**Task description**
Only one stretch of the records below should be repeated. It starts with the line containing "(run_app of_keys deletion" and goes on through the line containing "cfg = record", exactly as written.
····················
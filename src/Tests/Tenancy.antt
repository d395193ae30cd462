-- ===== src/Tests/Tenancy.antt =====
-- A process that is asked to delete a key.
use headtotails.Prelude.{refl, none, List, [], ◌∷◌, arith, All}
use headtotails.Text.{Text, codes}
use headtotails.Api.Router.Serve.{Setup, request, Moment, run_app, new_app}
use headtotails.Api.Router.Permissions.{Permitted}
use headtotails.Api.Router.Tenancy.{run_app-Permitted}
use headtotails.Headscale.Client.Laws.{grpc_client-IsScoped}
use headtotails.Tests
use headtotails.Tests.Routing.{setup, find, incoming}

-- Alice's key is deleted.
abbrev of_keys : Setup Text Unit
of_keys = record setup {
  lib = record setup.lib {
    find = λ method path. record (find method path) {
      pattern = codes "/tailnet/{tailnet}/keys/{keyId}";
      params = (codes "tailnet", codes "-") ∷ (codes "keyId", codes "7") ∷ [];
    };
  };
}

abbrev deletion : List Moment
deletion =
    record {
      time = 1;
      arrival =
          request
            (record incoming { request = record incoming.request { method = codes "DELETE" } })
            none;
    }
    ∷ []

run_app-Permitted_example :
    All
      (Permitted Tests.client (codes "alice"))
      (run_app of_keys deletion (new_app Tests.world tt)).world.calls
run_app-Permitted_example =
    run_app-Permitted of_keys (grpc_client-IsScoped Tests.tailnet Tests.conn) (ground arith)
      (ground arith) deletion Tests.world tt refl
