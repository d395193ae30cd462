-- ===== src/Tests/Tokens.antt =====
-- Tokens: a request is answered, the store is purged, and the token that was sent is presented.
use headtotails.Prelude.{
  ℕ, ◌+◌, ◌≤◌, ◌≡◌, refl, ◌≢◌, ◌↔◌, ◌⊎◌, Option, none, some, List, [], ◌∷◌, arith, Among, pos,
}
use headtotails.Text.{Text, codes}
use headtotails.Time.{Time, hour}
use headtotails.Api.Http.{form_value}
use headtotails.Api.TokenStore.{TokenStore, new_token_store, store}
use headtotails.Api.Oauth.{Crypto, OauthConfig, generate_token, oauth_token_handler}
use headtotails.Api.Oauth.Laws.{Presents, oauth_issues_iff}
use headtotails.Api.Bearer.{extract_bearer_token, request_token, refusal}
use headtotails.Api.Bearer.Laws.{extract_bearer_token_lem}
use headtotails.Api.Wif.Jwt.{JwtClaims, other}
use headtotails.Api.Wif.Exchange.{valid, JwtValidator}
use headtotails.Api.Sessions.{Event, asks, purges, exchanges, new_server, run, InOrder}
use headtotails.Api.Sessions.Acceptance.{accepted_iff}
use headtotails.Tests.{request}

abbrev crypto : Crypto
crypto = record { encode = λ bytes. bytes; mac = λ key msg. [] }

abbrev cfg : OauthConfig
cfg = record { client_id = codes "id"; client_secret = codes "pw"; hmac_secret = codes "hm" }

abbrev random : Option (List ℕ)
random = some (codes "abc")

abbrev claims : JwtClaims
claims = record {
  issuer = [];
  subject = [];
  audience = other;
  expires_at = pos 0;
  issued_at = pos 0;
}

abbrev validator : JwtValidator Unit
validator jwt v = (valid claims, v)

abbrev events : List Event
events =
    record { time = 5; action = asks request random }
    ∷ record { time = 6; action = purges }
    ∷ record { time = 7; action = exchanges request random }
    ∷ []

abbrev key : Text
key = codes "hs-key"

events-InOrder : InOrder 0 events 8
events-InOrder = ground arith

accepted_iff_example :
    (refusal
        (run cfg crypto (some validator) (codes "id") events (new_server tt)).tokens
        key
        8
        request
      ≡ none)
    ↔ ((request_token request ≢ [])
        × ((request_token request ≡ key)
            ⊎ ((t : Time) × Among
                  (request_token request, t)
                  (run cfg crypto (some validator) (codes "id") events (new_server tt)).sent
                × (8 ≤ t + hour))))
accepted_iff_example =
    accepted_iff cfg crypto (some validator) (codes "id") events tt 0 8 key request events-InOrder

abbrev one_token : TokenStore
one_token = store new_token_store (codes "abc") (record { expiry = 10 })

extract_bearer_token_lem_example : extract_bearer_token request ≡ codes "abc"
extract_bearer_token_lem_example =
    extract_bearer_token_lem request (codes "Bearer") (codes "abc") refl (ground arith) refl

oauth_issues_iff_example :
    ((oauth_token_handler cfg crypto random 5 request new_token_store).0.status ≡ 200) ↔ (
      Presents request (codes "id") (codes "pw")
      × (form_value request (codes "grant_type") ≡ codes "client_credentials")
      × ((tok : Text) × (generate_token crypto (codes "hm") random ≡ some tok)))
oauth_issues_iff_example = oauth_issues_iff cfg crypto random 5 request new_token_store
····················
**Exercise solution**
      (run_app of_keys deletion (new_app Tests.world tt)).world.calls
run_app-Permitted_example =
    run_app-Permitted of_keys (grpc_client-IsScoped Tests.tailnet Tests.conn) (ground arith)
      (ground arith) deletion Tests.world tt refl
repository d395193ae30cd462
-- ===== src/Tests/Tokens.antt =====
-- Tokens: a request is answered, the store is purged, and the token that was sent is presented.
use headtotails.Prelude.{
  ℕ, ◌+◌, ◌≤◌, ◌≡◌, refl, ◌≢◌, ◌↔◌, ◌⊎◌, Option, none, some, List, [], ◌∷◌, arith, Among, pos,
}
use headtotails.Text.{Text, codes}
use headtotails.Time.{Time, hour}
use headtotails.Api.Http.{form_value}
use headtotails.Api.TokenStore.{TokenStore, new_token_store, store}
use headtotails.Api.Oauth.{Crypto, OauthConfig, generate_token, oauth_token_handler}
use headtotails.Api.Oauth.Laws.{Presents, oauth_issues_iff}
use headtotails.Api.Bearer.{extract_bearer_token, request_token, refusal}
use headtotails.Api.Bearer.Laws.{extract_bearer_token_lem}
use headtotails.Api.Wif.Jwt.{JwtClaims, other}
use headtotails.Api.Wif.Exchange.{valid, JwtValidator}
use headtotails.Api.Sessions.{Event, asks, purges, exchanges, new_server, run, InOrder}
use headtotails.Api.Sessions.Acceptance.{accepted_iff}
use headtotails.Tests.{request}

abbrev crypto : Crypto
crypto = record { encode = λ bytes. bytes; mac = λ key msg. [] }

abbrev cfg : OauthConfig
cfg = record { client_id = codes "id"; client_secret = codes "pw"; hmac_secret = codes "hm" }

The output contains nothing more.